Tyrosine 221 in Crk regulates adhesion-dependent membrane localization of Crk and Rac and activation of Rac signaling

Abstract

The adaptor protein CrkII plays a central role in signal transduction cascades downstream of a number of different stimuli. We and others have previously shown that CrkII mediates attachment-induced JNK activation, membrane ruffling and cell motility in a Rac-dependent manner. We report here that cell attachment leads to tyrosine phosphorylation of CrkII on Y221, and that CrkII-Y221F mutant demonstrates enhanced association with the Crk-binding partners C3G and paxillin. Despite this enhanced signaling complex formation, CrkII-Y221F fails to induce JNK and PAK activation, membrane ruffling and cell migration, suggesting that it is defective in activating Rac signaling. Wild-type CrkII has no effect on adhesion-induced GTP loading of Rac, but its expression results in enhanced membrane localization of Rac, which is known to be required for Rac signaling. In contrast, CrkII-Y221F is deficient in enhancing membrane localization of Rac. Mutations in Rac and CrkII-Y221F that force membrane targeting of these molecules restore Rac signaling in adherent cells. Together, these results indicate that the Y221 site in CrkII regulates Rac membrane translocation upon cell adhesion, which is necessary for activation of downstream Rac signaling pathways.

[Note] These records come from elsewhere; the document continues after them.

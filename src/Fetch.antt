-- ===== src/Fetch.antt =====
-- The download of an image: `fetch_image`, `fetch_layer` and `download_blob` of src/pull.rs, and
-- `extract_layer`, `commit_blob` and `temp_path` of src/store.rs. The registry, the unpacking of an
-- archive and the clock are parameters. Downloads that run at once are taken one after another, in
-- the order in which they complete; the progress bars are left out.
pub mod Rules
pub mod Layer
pub mod Blobs
pub mod Complete
pub mod Tests
use climate.Common.{
  contains_text, ends_with_text, Text, codes, text_eq, starts_with, ends_with, is_empty, any,
  retain, not, ◌&&◌, ◌||◌, if◌then◌else◌, map, Option, none, some, List, [], ◌∷◌, ◌++◌, Bool, true,
  false, ℕ, zero, suc, Result, ok, err, context,
}
use climate.Common.Error.{
  Error, unresolved_image, manifest_not_fetched, blob_not_pulled, layer_not_opened, bad_media_type,
  not_extracted, not_finalised, not_stored, no_decoder,
}
use climate.Store.{
  Writes, Manifest, Store, Path2, path_eq, digest_path, find_ref, has_blob, has_layer, write_blob,
  record_ref,
}
use climate.Store.Action.{Action, pure, asks, lift, modify, change, finally, ◌>>=◌, ◌>>◌}

-- What the program reads of `OciDescriptor` and of `OciImageManifest`.
pub record Descriptor : Type 0 where
  pub digest : Text
  pub media_type : Text

pub record ImageManifest : Type 0 where
  pub config : Descriptor
  pub layers : List Descriptor

abbrev pub digests_of : ImageManifest → Manifest
digests_of m = record { config = m.config.digest; layers = map (λ l. l.digest) m.layers }

-- A blob arrives whole and with the digest that was asked for, or the transfer breaks off: what had
-- arrived by then is in the file.
pub data Transfer : Type 0 where
  whole broken : Text → Transfer

pub data Compression : Type 0 where
  zstd gzip plain : Compression

pub record Remote : Type 0 where
  pub pull_image_manifest : Text → Option (ImageManifest × Text)
  pub pull_manifest_raw : Text → Text → Option Text
  pub pull_blob : Text → Descriptor → Transfer
  -- the order in which downloads complete
  pub completed : List Descriptor → List Descriptor
  -- `unique_id`, by the number of the call
  pub unique_id : ℕ → Text
  pub opens_zstd : Text → Bool
  pub unpacks : Compression → Text → Bool
  -- whether the directory of a layer is empty, so that a rename replaces it
  pub is_empty_dir : Path2 → Bool
  pub writes : Writes

-- The files at the top of the store.
unfoldable pub find_file : Text → List (Text × Text) → Option Text
find_file name [] = none
find_file name ((n, bytes) ∷ rest) = if text_eq n name then some bytes else find_file name rest

abbrev pub without_file : Text → Store → Store
without_file name s = record s { others = retain (λ f. not (text_eq f.0 name)) s.others }

abbrev pub write_file : Text → Text → Store → Store
write_file name bytes s = record s {
  others = (name, bytes) ∷ retain (λ f. not (text_eq f.0 name)) s.others;
}

abbrev pub without_layer : Path2 → Store → Store
without_layer path s = record s { layers = retain (λ p. not (path_eq p path)) s.layers }

abbrev pub with_layer : Path2 → Store → Store
with_layer path s = record s { layers = path ∷ retain (λ p. not (path_eq p path)) s.layers }

-- `str::contains` of a text.
abbrev pub staging_of : Path2 → Path2
staging_of (algo, hex) = (algo, codes ".extract-" ++ hex)

-- The layers that are not in the store.
abbrev pub keep_if : Bool → Descriptor → List Descriptor → List Descriptor
keep_if true layer rest = rest
keep_if false layer rest = layer ∷ rest

unfoldable pub missing_layers : List Descriptor → Action (List Descriptor)
missing_layers [] = pure []
missing_layers (layer ∷ layers) = do
  there ← asks (λ s. has_layer s layer.digest)
  rest ← missing_layers layers
  pure (keep_if there layer rest)

-- The renaming of the file to the blob's.
abbrev pub committed : Text → Text → Store → Path2 → Option Text → Result Error Store
committed temp digest s dest none = err (not_stored digest)
committed temp digest s dest (some bytes) = ok (record (without_file temp s) {
  blobs = (dest, bytes) ∷ retain (λ b. not (path_eq b.0 dest)) s.blobs;
})

abbrev pub commit_to : Text → Text → Store → Result Error Path2 → Result Error Store
commit_to temp digest s (err e) = err e
commit_to temp digest s (ok dest) = committed temp digest s dest (find_file temp s.others)

unfoldable pub commit_blob : Text → Text → Store → Result Error Store
commit_blob temp digest s = commit_to temp digest s (digest_path digest)

module _ (remote : Remote) where
  unfoldable pub temp_path : Text → ℕ → Text
  temp_path tag id = codes ".download-" ++ (tag ++ (b'-' ∷ remote.unique_id id))

  unfoldable pub reader_of : Text → Text → Result Error Compression
  reader_of media_type bytes =
      if contains_text media_type (codes "zstd")
      then (if remote.opens_zstd bytes then ok zstd else err no_decoder)
      else if contains_text media_type (codes "gzip")
      then ok gzip
      else if ends_with_text media_type (codes "tar")
      then ok plain
      else err (bad_media_type media_type)

  -- What has arrived is written to the file, whichever way the transfer ends.
  abbrev received : Text → Descriptor → Transfer → Action (Unit {0})
  received temp descriptor (whole bytes) = modify (write_file temp bytes)
  received temp descriptor (broken bytes) = do
    modify (write_file temp bytes)
    lift (err (blob_not_pulled descriptor.digest))

  unfoldable pub download_blob : Text → Descriptor → Text → Action (Unit {0})
  download_blob reference descriptor temp = do
    modify (write_file temp [])
    received temp descriptor (remote.pull_blob reference descriptor)

  -- The renaming of the staging directory to the layer's: a directory that holds files is not
  -- replaced.
  unfoldable pub finalise_layer : Text → Path2 → Store → Result Error Store
  finalise_layer digest dest s =
      if any (λ p. path_eq p dest) s.layers && not (remote.is_empty_dir dest)
      then err (not_finalised digest)
      else ok (with_layer dest (without_layer (staging_of dest) s))

  unfoldable pub extract_layer : Text → Text → Text → Action (Unit {0})
  extract_layer temp digest media_type = do
    dest ← lift (digest_path digest)
    modify (without_layer (staging_of dest))
    bytes ← asks (λ s. context (find_file temp s.others) (layer_not_opened digest))
    compression ← lift (reader_of media_type bytes)
    modify (with_layer (staging_of dest))
    lift (if remote.unpacks compression bytes then ok tt else err (not_extracted digest))
    change (finalise_layer digest dest)

  unfoldable pub fetch_layer : Text → Descriptor → ℕ → Action (Unit {0})
  fetch_layer reference layer id = do
    temp ← pure (temp_path (codes "layer") id)
    finally (download_blob reference layer temp >> extract_layer temp layer.digest layer.media_type)
        (without_file temp)

  unfoldable pub fetch_config : Text → Descriptor → Action (Unit {0})
  fetch_config reference config = do
    temp ← pure (temp_path (codes "config") 0)
    download_blob reference config temp
    change (commit_blob temp config.digest)

  unfoldable pub fetch_layers : Text → ℕ → List Descriptor → Action (Unit {0})
  fetch_layers reference id [] = pure tt
  fetch_layers reference id (layer ∷ layers) = do
    fetch_layer reference layer id
    fetch_layers reference (suc id) layers

  unfoldable pub fetch_image : Text → Action (Unit {0})
  fetch_image reference = do
    (manifest, digest) ←
        lift (context (remote.pull_image_manifest reference) (unresolved_image reference))
    raw ←
        lift (context (remote.pull_manifest_raw reference digest) (manifest_not_fetched reference))
    write_blob remote.writes digest raw
    there ← asks (λ s. has_blob s manifest.config.digest)
    if there then pure tt else fetch_config reference manifest.config
    pending ← missing_layers manifest.layers
    fetch_layers reference 1 (remote.completed pending)
    record_ref remote.writes reference digest
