-- ===== src/Build.antt =====
-- src/build.rs: the image of an app with an install script. What the program takes from outside, the
-- running of the container among it, is the parameter `World`.
mod Script
unfoldable pub use Script.*
pub mod Steps
pub mod Built
pub mod Tests
use climate.Common.{
  Text, codes, ◌==◌, not, retain, if◌then◌else◌, any, Option, none, some, List, [], ◌∷◌, ◌++◌, Bool,
  true, false, ℕ, ◌&&◌, Result, ok, err, context,
}
use climate.Common.Error.{
  Error, invalid_reference, base_missing, script_failed, not_made, not_finalised, bad_manifest,
}
use climate.Config.{AppConfig, RunConfig, list, full}
use climate.Spec.Limits.{Float64}
use climate.Spec.Process.{ImageExecConfig}
use climate.Spec.Mounts.{Host, mountpoints}
use climate.Spec.Build.{Spec, Rootless}
use climate.Seccomp.{Capabilities, Target, Seacomb, profile}
use climate.Runtime.Overlay.{System, Overlays, mount_new, drop_mount, layer_dir}
use climate.Store.{
  Manifest, Formats, Store, Path2, AppImage, path_eq, digest_path, read_manifest, image_config,
  image_key, write_blob, record_ref,
}
use climate.Store.Action.{Action, pure, asks, lift, modify, change, ◌>>=◌, ◌>>◌}
use climate.Fetch.{staging_of, with_layer, without_layer}

-- The id without its dash.
unfoldable pub build_id : Text → Text
build_id id = retain (λ c. not (c == b'-')) id

unfoldable pub build_digest : Text → Text
build_digest id = codes "build:" ++ build_id id

abbrev pub add_layer : Manifest → Text → Manifest
add_layer m digest = record { config = m.config; layers = m.layers ++ digest ∷ [] }

abbrev pub work_of : Path2 → Path2
work_of (algo, hex) = staging_of (algo, hex ++ codes "-work")

abbrev pub base_of : AppImage → Option Manifest → Result Error Manifest
base_of app none = err (base_missing app.name app.reference)
base_of app (some base) = ok base

module _ {D F K P S : Type 0} (world : World D F K P S) where
  -- A directory beside the layers.
  unfoldable pub make_dir : Path2 → Action (Unit {0})
  make_dir path = do
    lift (
        if world.system.can_make (layer_dir world.system path)
        then ok tt
        else err (not_made (layer_dir world.system path)))
    modify (with_layer path)

  unfoldable pub rename_upper : Text → Path2 → Store → Result Error Store
  rename_upper digest layer s =
      if any (λ p. path_eq p layer) s.layers && not (world.is_empty_dir layer)
      then err (not_finalised digest)
      else ok (with_layer layer (without_layer (staging_of layer) s))

  -- What is done of the result of the script.
  abbrev pub unless_failed : Path2 → Result Error (Unit {0}) → Action (Unit {0})
  unless_failed layer (ok done) = pure tt
  unless_failed layer (err e) = do modify (without_layer (staging_of layer)); lift (err e)

  -- The script in a container whose writes go to the staging directory of the layer.
  unfoldable pub run_in_layer :
      AppConfig F K → Text → Overlays → Text → Manifest → Path2 → Action (Unit {0})
  run_in_layer cfg script o base_key base layer = do
    make_dir (staging_of layer)
    make_dir (work_of layer)
    result ← asks (λ s.
        ok
          (run_script world cfg script base_key s base
            (layer_dir world.system (staging_of layer), layer_dir world.system (work_of layer))
            o).0)
    modify (without_layer (work_of layer))
    unless_failed layer result

  -- The base's manifest with one more layer, under the layer's own digest.
  unfoldable pub record_image : AppConfig F K → Manifest → Text → Action (Unit {0})
  record_image cfg base digest = do
    bytes ← lift (context (world.serialise (add_layer base digest)) (bad_manifest digest))
    write_blob world.writes digest bytes
    key ← lift (image_key world.formats (app_image cfg))
    record_ref world.writes key digest

  unfoldable pub build : AppConfig F K → Text → Overlays → Action (Unit {0})
  build cfg script o = do
    base_key ← lift (
        context (world.formats.parse_reference cfg.image.reference)
          (invalid_reference cfg.image.reference))
    found ← asks (λ s. read_manifest world.formats s base_key)
    base ← lift (base_of (app_image cfg) found)
    digest ← pure (build_digest world.unique_id)
    layer ← lift (digest_path digest)
    run_in_layer cfg script o base_key base layer
    change (rename_upper digest layer)
    record_image cfg base digest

Fig. 1. Adhesion-dependent tyrosine phosphorylation of CrkII on Y221. (A) Serum-starved COS-7 cells were either held in suspension for 1 h and lysed (S) or held in suspension for 1 h and plated on FN-coated dishes for the indicated periods of time (in minutes), and cell lysates were immunoprecipitated with anti-Crk antibody, followed by immunoblotting with anti-phosphotyrosine antibody (‘anti-pY’, upper panel). The membranes were stripped and reprobed with anti-Crk antibodies (lower panel). (B) Lysates prepared from cells that had been either held in suspension as above or plated on FN for 30 min were subjected to immunoprecipitation with anti-pY221 antibody, which recognizes CrkII that is phosphorylated on Y221, followed by immunoblotting with anti-Crk antibodies (upper panel). Total cell lysate samples were immunoblotted with anti-Crk antibodies to ensure that equal amounts of CrkII protein were used for immunoprecipitation (lower panel).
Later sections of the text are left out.